- Work to complete: Every record should be written out again in full, with no character altered.

- Dataset extract:
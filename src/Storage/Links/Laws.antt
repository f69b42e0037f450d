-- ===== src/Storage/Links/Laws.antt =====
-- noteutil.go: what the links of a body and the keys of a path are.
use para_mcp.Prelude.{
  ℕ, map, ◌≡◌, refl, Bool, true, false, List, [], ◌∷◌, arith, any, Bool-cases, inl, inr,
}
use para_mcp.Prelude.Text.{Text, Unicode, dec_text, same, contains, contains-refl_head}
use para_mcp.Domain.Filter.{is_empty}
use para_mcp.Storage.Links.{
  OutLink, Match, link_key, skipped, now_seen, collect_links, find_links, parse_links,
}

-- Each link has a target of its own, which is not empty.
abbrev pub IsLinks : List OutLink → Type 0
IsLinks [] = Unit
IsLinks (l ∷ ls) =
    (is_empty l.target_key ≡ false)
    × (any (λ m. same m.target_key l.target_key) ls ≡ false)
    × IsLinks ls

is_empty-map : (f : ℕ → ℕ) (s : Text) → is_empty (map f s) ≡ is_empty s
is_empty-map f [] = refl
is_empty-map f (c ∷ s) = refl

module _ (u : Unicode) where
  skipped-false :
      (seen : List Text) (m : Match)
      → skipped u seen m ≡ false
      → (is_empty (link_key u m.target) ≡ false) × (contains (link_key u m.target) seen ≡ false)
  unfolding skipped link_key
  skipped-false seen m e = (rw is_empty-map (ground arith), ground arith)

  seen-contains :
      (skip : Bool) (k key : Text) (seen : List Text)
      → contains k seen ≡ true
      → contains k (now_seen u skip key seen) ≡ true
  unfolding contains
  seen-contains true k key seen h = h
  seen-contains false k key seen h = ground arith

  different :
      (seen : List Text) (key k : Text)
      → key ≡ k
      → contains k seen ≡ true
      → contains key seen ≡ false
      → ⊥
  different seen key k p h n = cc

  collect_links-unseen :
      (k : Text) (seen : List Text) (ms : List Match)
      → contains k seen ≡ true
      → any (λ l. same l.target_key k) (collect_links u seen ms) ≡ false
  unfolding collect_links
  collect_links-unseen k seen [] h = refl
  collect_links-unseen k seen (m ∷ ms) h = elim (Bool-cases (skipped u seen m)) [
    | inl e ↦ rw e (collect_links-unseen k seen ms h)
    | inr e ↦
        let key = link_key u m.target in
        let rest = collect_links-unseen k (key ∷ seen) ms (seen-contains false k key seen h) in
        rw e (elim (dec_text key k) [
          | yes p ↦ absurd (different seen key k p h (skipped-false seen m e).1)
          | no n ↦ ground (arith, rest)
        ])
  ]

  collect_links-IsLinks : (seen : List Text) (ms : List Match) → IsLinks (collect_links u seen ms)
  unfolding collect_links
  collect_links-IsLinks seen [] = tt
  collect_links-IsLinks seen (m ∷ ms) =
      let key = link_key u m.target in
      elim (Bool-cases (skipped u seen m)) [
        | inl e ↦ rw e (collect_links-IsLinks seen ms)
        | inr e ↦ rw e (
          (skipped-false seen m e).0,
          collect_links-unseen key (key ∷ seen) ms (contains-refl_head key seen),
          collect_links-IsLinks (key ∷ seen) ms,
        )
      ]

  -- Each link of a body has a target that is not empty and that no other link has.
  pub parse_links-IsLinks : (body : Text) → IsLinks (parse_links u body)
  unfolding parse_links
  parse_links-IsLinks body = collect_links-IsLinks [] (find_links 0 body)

- Written response:
filename src/Storage/Links/Laws.antt
repository f69b42e0037f450d
-- ===== src/Storage/Links/Laws.antt =====
-- noteutil.go: what the links of a body and the keys of a path are.
use para_mcp.Prelude.{
  ℕ, map, ◌≡◌, refl, Bool, true, false, List, [], ◌∷◌, arith, any, Bool-cases, inl, inr,
}
use para_mcp.Prelude.Text.{Text, Unicode, dec_text, same, contains, contains-refl_head}
use para_mcp.Domain.Filter.{is_empty}
use para_mcp.Storage.Links.{
  OutLink, Match, link_key, skipped, now_seen, collect_links, find_links, parse_links,
}

-- Each link has a target of its own, which is not empty.
abbrev pub IsLinks : List OutLink → Type 0
IsLinks [] = Unit
IsLinks (l ∷ ls) =
    (is_empty l.target_key ≡ false)
    × (any (λ m. same m.target_key l.target_key) ls ≡ false)
    × IsLinks ls

is_empty-map : (f : ℕ → ℕ) (s : Text) → is_empty (map f s) ≡ is_empty s
is_empty-map f [] = refl
is_empty-map f (c ∷ s) = refl

module _ (u : Unicode) where
  skipped-false :
      (seen : List Text) (m : Match)
      → skipped u seen m ≡ false
      → (is_empty (link_key u m.target) ≡ false) × (contains (link_key u m.target) seen ≡ false)
  unfolding skipped link_key
  skipped-false seen m e = (rw is_empty-map (ground arith), ground arith)

  seen-contains :
      (skip : Bool) (k key : Text) (seen : List Text)
      → contains k seen ≡ true
      → contains k (now_seen u skip key seen) ≡ true
  unfolding contains
  seen-contains true k key seen h = h
  seen-contains false k key seen h = ground arith

  different :
      (seen : List Text) (key k : Text)
      → key ≡ k
      → contains k seen ≡ true
      → contains key seen ≡ false
      → ⊥
  different seen key k p h n = cc

  collect_links-unseen :
      (k : Text) (seen : List Text) (ms : List Match)
      → contains k seen ≡ true
      → any (λ l. same l.target_key k) (collect_links u seen ms) ≡ false
  unfolding collect_links
  collect_links-unseen k seen [] h = refl
  collect_links-unseen k seen (m ∷ ms) h = elim (Bool-cases (skipped u seen m)) [
    | inl e ↦ rw e (collect_links-unseen k seen ms h)
    | inr e ↦
        let key = link_key u m.target in
        let rest = collect_links-unseen k (key ∷ seen) ms (seen-contains false k key seen h) in
        rw e (elim (dec_text key k) [
          | yes p ↦ absurd (different seen key k p h (skipped-false seen m e).1)
          | no n ↦ ground (arith, rest)
        ])
  ]

  collect_links-IsLinks : (seen : List Text) (ms : List Match) → IsLinks (collect_links u seen ms)
  unfolding collect_links
  collect_links-IsLinks seen [] = tt
  collect_links-IsLinks seen (m ∷ ms) =
      let key = link_key u m.target in
      elim (Bool-cases (skipped u seen m)) [
        | inl e ↦ rw e (collect_links-IsLinks seen ms)
        | inr e ↦ rw e (
          (skipped-false seen m e).0,
          collect_links-unseen key (key ∷ seen) ms (contains-refl_head key seen),
          collect_links-IsLinks (key ∷ seen) ms,
        )
      ]

  -- Each link of a body has a target that is not empty and that no other link has.
  pub parse_links-IsLinks : (body : Text) → IsLinks (parse_links u body)
  unfolding parse_links
  parse_links-IsLinks body = collect_links-IsLinks [] (find_links 0 body)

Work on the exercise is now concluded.